Stored data entries:
********************
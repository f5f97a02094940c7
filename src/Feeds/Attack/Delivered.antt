-- ===== src/Feeds/Attack/Delivered.antt =====
-- What the ATT&CK connector delivers (src/prow/connectors/attack/connector.py).
use prow_cti.Feeds.Attack.{
  batch_calls, batches_of, emit_batch_size, extract_validated_objects, fetch, fetch_objects,
  validated_objects,
}
use prow_cti.Feeds.Attack.Batches.{
  IsSmall, batch_calls-IsSmall, batches_of-joined, batches_of-small, joined, make_calls-All,
  set_if-IsSmall,
}
use prow_cti.Feeds.Attack.Selected.{Selection, validated_objects-Selection}
use prow_cti.Feeds.Fetch.{
  ContextCall, Feed, HttpAnswer, done, emit_dict_call, feed_format_error, keeps_state, make_calls,
  perform_fetch, raising, set_state_call,
}
use prow_cti.Feeds.Fetch.Steps.{bind-done, done_injective, kept-done, otherwise-done, raising-done}
use prow_cti.Feeds.Http.{FeedResult, modified, not_modified, parse_feed_json, read_feed, set_if}
use prow_cti.Json.{Fields, Items, Json, arr, get, str}
use prow_cti.Prelude.{
  All, Bool, Bool-cases, List, Option, String, [], ap, arith, false, if◌then◌else◌, inl, inr,
  length, none, refl, some, suc, sym, true, ℕ, ◌++◌, ◌==◌, ◌∙◌, ◌∷◌, ◌≡◌,
}
use prow_cti.Stix.Helpers.{StixLib, fresh_id}
use prow_cti.Stix.Validate.{Schema}
use mathlib.Core.Path.{subst}

-- The objects of the bundles whose emit did not raise.
abbrev pub delivered : (ContextCall → Bool) → List ContextCall → List Fields
delivered accepts [] = []
delivered accepts (emit_dict_call id os ∷ cs) =
    if accepts (emit_dict_call id os) then os ++ delivered accepts cs else delivered accepts cs
delivered accepts (_ ∷ cs) = delivered accepts cs

state-delivered :
    (accepts : ContextCall → Bool) (key : String) (value : Json) (cs : List ContextCall)
    → delivered accepts (make_calls accepts cs).0 ≡ []
    → delivered accepts (make_calls accepts (set_state_call key value ∷ cs)).0 ≡ []
unfolding make_calls
state-delivered accepts key value cs h = elim (Bool-cases (accepts (set_state_call key value))) [
  | inl e ↦ rw e h
  | inr e ↦ rw e refl
]

set_if-delivered :
    (accepts : ContextCall → Bool) (key : String) (value : Option String) (cs : List ContextCall)
    → delivered accepts (make_calls accepts cs).0 ≡ []
    → delivered accepts (make_calls accepts (set_if key value cs)).0 ≡ []
set_if-delivered accepts key none cs h = h
set_if-delivered accepts key (some value) cs h = state-delivered accepts key (str value) cs h

emit-delivered :
    (accepts : ContextCall → Bool) (id : String) (b os : List Fields) (cs : List ContextCall)
    → (keeps_state (make_calls accepts cs).0 ≡ true
        → delivered accepts (make_calls accepts cs).0 ≡ os)
    → keeps_state (make_calls accepts (emit_dict_call id b ∷ cs)).0 ≡ true
    → delivered accepts (make_calls accepts (emit_dict_call id b ∷ cs)).0 ≡ b ++ os
unfolding make_calls
emit-delivered accepts id b os cs after h = elim (Bool-cases (accepts (emit_dict_call id b))) [
  | inl e ↦ let h' = rw e at h in rw e (rw e (ap (λ more. b ++ more) (after h')))
  | inr e ↦ let h' = rw e at h in absurd (cc h')
]

unless_cancelled :
    (accepts : ContextCall → Bool) (is_cancelled : Bool) (cs : List ContextCall) (os : List Fields)
    → (keeps_state (make_calls accepts cs).0 ≡ true
        → delivered accepts (make_calls accepts cs).0 ≡ os)
    → keeps_state (make_calls accepts (if is_cancelled then [] else cs)).0 ≡ true
    → delivered accepts (make_calls accepts (if is_cancelled then [] else cs)).0 ≡ os
unfolding make_calls
unless_cancelled accepts true cs os after h = absurd (cc h)
unless_cancelled accepts false cs os after h = after h

-- What is emitted before the state is kept is all that was to be emitted.
batch_calls-delivered :
    (lib : StixLib) (accepts : ContextCall → Bool) (c : ℕ → Bool) (final : List ContextCall)
    (bs : List (List Fields)) (i : ℕ)
    → delivered accepts (make_calls accepts final).0 ≡ []
    → keeps_state (make_calls accepts (batch_calls lib c i bs final)).0 ≡ true
    → delivered accepts (make_calls accepts (batch_calls lib c i bs final)).0 ≡ joined bs
unfolding batch_calls
batch_calls-delivered lib accepts c final [] i f h = f
batch_calls-delivered lib accepts c final (b ∷ bs) i f h =
    unless_cancelled accepts (c i) _ (b ++ joined bs)
      (emit-delivered accepts (fresh_id lib "bundle" i) b (joined bs)
        (batch_calls lib c (suc i) bs final)
        (batch_calls-delivered lib accepts c final bs (suc i) f))
      h

module _ {Body : Type 0} (lib : StixLib) (source : Feed Body) (schema : Schema) where
  -- What is extracted of a body is a selection of the objects of its feed.
  extract-Selection :
      (include : Bool) (body : Body) (os : List Fields)
      → extract_validated_objects lib source schema include body ≡ done os
      → (feed : Fields) × (listed : Items) × (parse_feed_json source body ≡ done feed)
        × (get feed "objects" ≡ some (arr listed))
        × Selection schema include listed os
  unfolding extract_validated_objects
  extract-Selection include body os h =
      let (feed, is_feed, h') = bind-done (parse_feed_json source body) _ os h in
      by_array feed is_feed (get feed "objects") refl h'
    where
      by_array :
          (feed : Fields)
          → parse_feed_json source body ≡ done feed
          → (found : Option Json) → get feed "objects" ≡ found
          → elim found [
            | some (arr listed) ↦ validated_objects schema include listed
            | _ ↦ raising feed_format_error
          ]
            ≡ done os
          → (feed : Fields) × (listed : Items) × (parse_feed_json source body ≡ done feed)
            × (get feed "objects" ≡ some (arr listed))
            × Selection schema include listed os
      by_array feed p (some (arr listed)) e h =
          (feed, listed, p, e, validated_objects-Selection schema include listed os h)
      by_array feed p _ e h = raising-done h

  -- A selection of the objects of a feed that was modified, in bundles whose emit did not raise.
  abbrev pub Delivered :
      (String → List (String × String) → HttpAnswer Body)
      → String
      → Bool
      → Option Json
      → Option Json
      → (ContextCall → Bool)
      → List ContextCall
      → Type 0
  Delivered client url include etag at accepts made =
      (body : Body) × (new_etag new_at : Option String) × (feed : Fields) × (listed : Items)
      × (read_feed source client url etag at ≡ done (modified body new_etag new_at))
      × (parse_feed_json source body ≡ done feed)
      × (get feed "objects" ≡ some (arr listed))
      × Selection schema include listed (delivered accepts made)
      × All IsSmall made

  result-Delivered :
      (client : String → List (String × String) → HttpAnswer Body) (url : String) (include : Bool)
      (etag at : Option Json) (now : Json) (accepts : ContextCall → Bool) (result : FeedResult Body)
      (planned : List ContextCall)
      → read_feed source client url etag at ≡ done result
      → elim result [
        | not_modified ↦ done []
        | modified body new_etag new_at ↦
            fetch_objects lib source schema include now body new_etag new_at
      ]
        ≡ done planned
      → keeps_state (perform_fetch accepts (done planned)).0 ≡ true
      → Delivered client url include etag at accepts (perform_fetch accepts (done planned)).0
  unfolding perform_fetch fetch_objects make_calls
  result-Delivered client url include etag at now accepts not_modified planned r q h =
      absurd (cc (ap (λ p. keeps_state (make_calls accepts p).0) (done_injective q) ∙ h))
  result-Delivered client url include etag at now accepts (modified body e l) planned r q h =
      let (os, extracted, q') =
        bind-done (extract_validated_objects lib source schema include body) _ planned q in
      let same = done_injective q' in
      let kept = ap (λ p. keeps_state (make_calls accepts p).0) same ∙ h in
      let all =
        batch_calls-delivered lib accepts source.is_cancelled _
          (batches_of (length os) emit_batch_size os) 0
          (set_if-delivered accepts "etag" e _ (
            set_if-delivered accepts "last_modified" l _
              (state-delivered accepts "last_successful_fetch" now [] refl)))
          kept in
      let (feed, listed, is_feed, is_array, selected) =
        extract-Selection include body os extracted in
      let same_objects =
        ap (λ p. delivered accepts (make_calls accepts p).0) (sym same)
        ∙ all
        ∙ batches_of-joined (length os) 499 os (omega arith) in
      (
        body,
        e,
        l,
        feed,
        listed,
        r,
        is_feed,
        is_array,
        subst (Selection schema include listed) (sym same_objects) selected,
        rw (sym same) (
            make_calls-All IsSmall accepts _ (
              batch_calls-IsSmall lib source.is_cancelled _
                (batches_of (length os) emit_batch_size os) 0 (batches_of-small (length os) 499 os)
                (set_if-IsSmall "etag" e _ (set_if-IsSmall "last_modified" l _ (tt, tt))))),
      )

  -- If a fetch of the ATT&CK connector keeps any state, then it read a feed that was modified, with an
  -- array of objects, and the objects of the bundles that it emitted without an error are, one after
  -- another, made of the items of that array, in their order: an item is left out only if it is
  -- deprecated or revoked while such are not asked for, or if it is not valid with its defaults and
  -- custom types allowed; for each other item there is an object, with what the item has under every
  -- key and otherwise the default of the specification's version and, for malware, of the family, and
  -- it is valid. No bundle holds more than a batch.
  pub fetch-Delivered :
      (client_get : String → List (String × String) → HttpAnswer Body) (stix_url : String)
      (include_deprecated : Bool) (etag last_modified : Option Json) (now : Json)
      (accepts : ContextCall → Bool)
      → keeps_state
          (perform_fetch accepts (
            fetch lib source schema
              (some client_get)
              stix_url
              include_deprecated
              etag
              last_modified
              now)).0
        ≡ true
      → Delivered client_get stix_url include_deprecated etag last_modified accepts
          (perform_fetch accepts (
            fetch lib source schema
              (some client_get)
              stix_url
              include_deprecated
              etag
              last_modified
              now)).0
  unfolding fetch
  fetch-Delivered client url include etag at now accepts h =
      let (planned, q) = kept-done accepts _ h in
      let (result, r, q') =
        bind-done
          (if url == "" then raising feed_format_error else read_feed source client url etag at) _
          planned q in
      rw q (
        result-Delivered client url include etag at now accepts result planned
          (otherwise-done (url == "") _ result r) q'
          (sym (ap (λ m. keeps_state (perform_fetch accepts m).0) q) ∙ h))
********************
**PROBLEM TO WORK ON:**
Where a line above contains the word "connector", show that line.

**YOUR SOLUTION:**
-- What the ATT&CK connector delivers (src/prow/connectors/attack/connector.py).
  -- If a fetch of the ATT&CK connector keeps any state, then it read a feed that was modified, with an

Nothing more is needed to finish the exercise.